ASSIGNMENT:
Check each line of the material. Copy those containing "ActionRequest".

[Start of section]

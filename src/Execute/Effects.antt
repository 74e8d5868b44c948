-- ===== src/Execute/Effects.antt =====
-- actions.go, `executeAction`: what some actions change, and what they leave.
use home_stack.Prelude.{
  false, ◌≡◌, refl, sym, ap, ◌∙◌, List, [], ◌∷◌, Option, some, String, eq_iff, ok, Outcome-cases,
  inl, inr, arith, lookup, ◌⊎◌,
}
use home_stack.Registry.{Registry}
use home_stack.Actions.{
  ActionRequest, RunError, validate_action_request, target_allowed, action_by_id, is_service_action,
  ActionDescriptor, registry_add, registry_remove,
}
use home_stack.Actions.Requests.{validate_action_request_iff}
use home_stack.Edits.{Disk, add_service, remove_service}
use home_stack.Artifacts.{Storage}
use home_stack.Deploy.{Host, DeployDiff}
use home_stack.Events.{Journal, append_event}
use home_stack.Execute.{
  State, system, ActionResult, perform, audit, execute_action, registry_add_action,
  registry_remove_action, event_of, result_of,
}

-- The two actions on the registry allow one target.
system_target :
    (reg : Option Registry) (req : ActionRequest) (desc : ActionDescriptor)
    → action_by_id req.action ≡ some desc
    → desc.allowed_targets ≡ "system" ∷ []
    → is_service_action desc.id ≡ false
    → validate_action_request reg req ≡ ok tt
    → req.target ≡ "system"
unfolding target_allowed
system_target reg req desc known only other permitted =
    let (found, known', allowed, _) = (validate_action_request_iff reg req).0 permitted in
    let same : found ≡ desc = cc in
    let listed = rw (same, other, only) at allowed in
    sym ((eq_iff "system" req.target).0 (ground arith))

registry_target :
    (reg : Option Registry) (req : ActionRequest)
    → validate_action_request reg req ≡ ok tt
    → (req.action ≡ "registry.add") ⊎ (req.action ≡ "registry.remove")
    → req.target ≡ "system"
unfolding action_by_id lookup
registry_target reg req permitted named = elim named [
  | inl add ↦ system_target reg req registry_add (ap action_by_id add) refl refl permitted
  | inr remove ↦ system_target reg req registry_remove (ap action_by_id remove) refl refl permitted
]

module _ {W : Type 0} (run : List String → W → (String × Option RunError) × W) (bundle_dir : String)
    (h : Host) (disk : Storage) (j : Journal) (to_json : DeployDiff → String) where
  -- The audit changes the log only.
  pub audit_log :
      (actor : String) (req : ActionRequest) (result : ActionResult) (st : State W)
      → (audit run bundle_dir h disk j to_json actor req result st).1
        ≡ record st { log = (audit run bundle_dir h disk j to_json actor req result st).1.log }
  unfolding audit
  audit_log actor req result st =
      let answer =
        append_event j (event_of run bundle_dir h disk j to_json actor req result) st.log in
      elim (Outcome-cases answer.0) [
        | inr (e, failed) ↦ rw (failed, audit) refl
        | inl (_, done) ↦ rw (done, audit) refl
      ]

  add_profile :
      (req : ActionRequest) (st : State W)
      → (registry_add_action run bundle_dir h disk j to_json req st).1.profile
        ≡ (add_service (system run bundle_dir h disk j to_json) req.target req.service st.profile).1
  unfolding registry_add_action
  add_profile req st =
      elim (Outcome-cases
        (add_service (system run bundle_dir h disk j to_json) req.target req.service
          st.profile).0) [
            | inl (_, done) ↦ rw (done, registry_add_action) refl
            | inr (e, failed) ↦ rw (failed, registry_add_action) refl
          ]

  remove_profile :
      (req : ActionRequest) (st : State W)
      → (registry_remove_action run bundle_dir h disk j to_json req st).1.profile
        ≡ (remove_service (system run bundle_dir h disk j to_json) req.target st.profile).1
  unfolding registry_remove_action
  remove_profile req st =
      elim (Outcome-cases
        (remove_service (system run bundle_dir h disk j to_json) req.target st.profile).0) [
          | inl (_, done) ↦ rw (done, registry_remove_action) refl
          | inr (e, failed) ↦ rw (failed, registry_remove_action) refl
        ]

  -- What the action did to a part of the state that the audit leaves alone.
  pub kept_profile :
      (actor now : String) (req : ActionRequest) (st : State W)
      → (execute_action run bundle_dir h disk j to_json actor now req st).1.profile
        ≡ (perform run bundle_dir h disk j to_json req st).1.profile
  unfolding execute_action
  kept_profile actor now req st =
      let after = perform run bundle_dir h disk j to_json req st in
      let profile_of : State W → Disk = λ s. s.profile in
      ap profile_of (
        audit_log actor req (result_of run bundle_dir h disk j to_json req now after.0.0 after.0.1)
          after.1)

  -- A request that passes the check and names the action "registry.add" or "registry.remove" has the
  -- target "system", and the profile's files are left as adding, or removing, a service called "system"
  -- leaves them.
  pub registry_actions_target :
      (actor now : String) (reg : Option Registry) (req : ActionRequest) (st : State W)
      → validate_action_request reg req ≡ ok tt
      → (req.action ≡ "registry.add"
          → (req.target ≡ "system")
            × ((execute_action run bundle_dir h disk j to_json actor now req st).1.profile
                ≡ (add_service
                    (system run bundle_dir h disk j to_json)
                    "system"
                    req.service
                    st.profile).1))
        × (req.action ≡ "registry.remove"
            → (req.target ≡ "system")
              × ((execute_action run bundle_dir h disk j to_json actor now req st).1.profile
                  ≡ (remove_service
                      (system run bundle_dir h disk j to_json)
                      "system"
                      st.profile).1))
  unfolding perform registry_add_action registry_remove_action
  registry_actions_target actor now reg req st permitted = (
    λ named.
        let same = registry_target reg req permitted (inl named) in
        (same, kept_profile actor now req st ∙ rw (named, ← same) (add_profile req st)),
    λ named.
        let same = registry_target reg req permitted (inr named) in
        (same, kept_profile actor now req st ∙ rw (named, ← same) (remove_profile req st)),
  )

[End of section]

SOLUTION TO THIS PROBLEM:
  ActionRequest, RunError, validate_action_request, target_allowed, action_by_id, is_service_action,
    (reg : Option Registry) (req : ActionRequest) (desc : ActionDescriptor)
    (reg : Option Registry) (req : ActionRequest)
      (actor : String) (req : ActionRequest) (result : ActionResult) (st : State W)
      (req : ActionRequest) (st : State W)
      (req : ActionRequest) (st : State W)
      (actor now : String) (req : ActionRequest) (st : State W)
      (actor now : String) (reg : Option Registry) (req : ActionRequest) (st : State W)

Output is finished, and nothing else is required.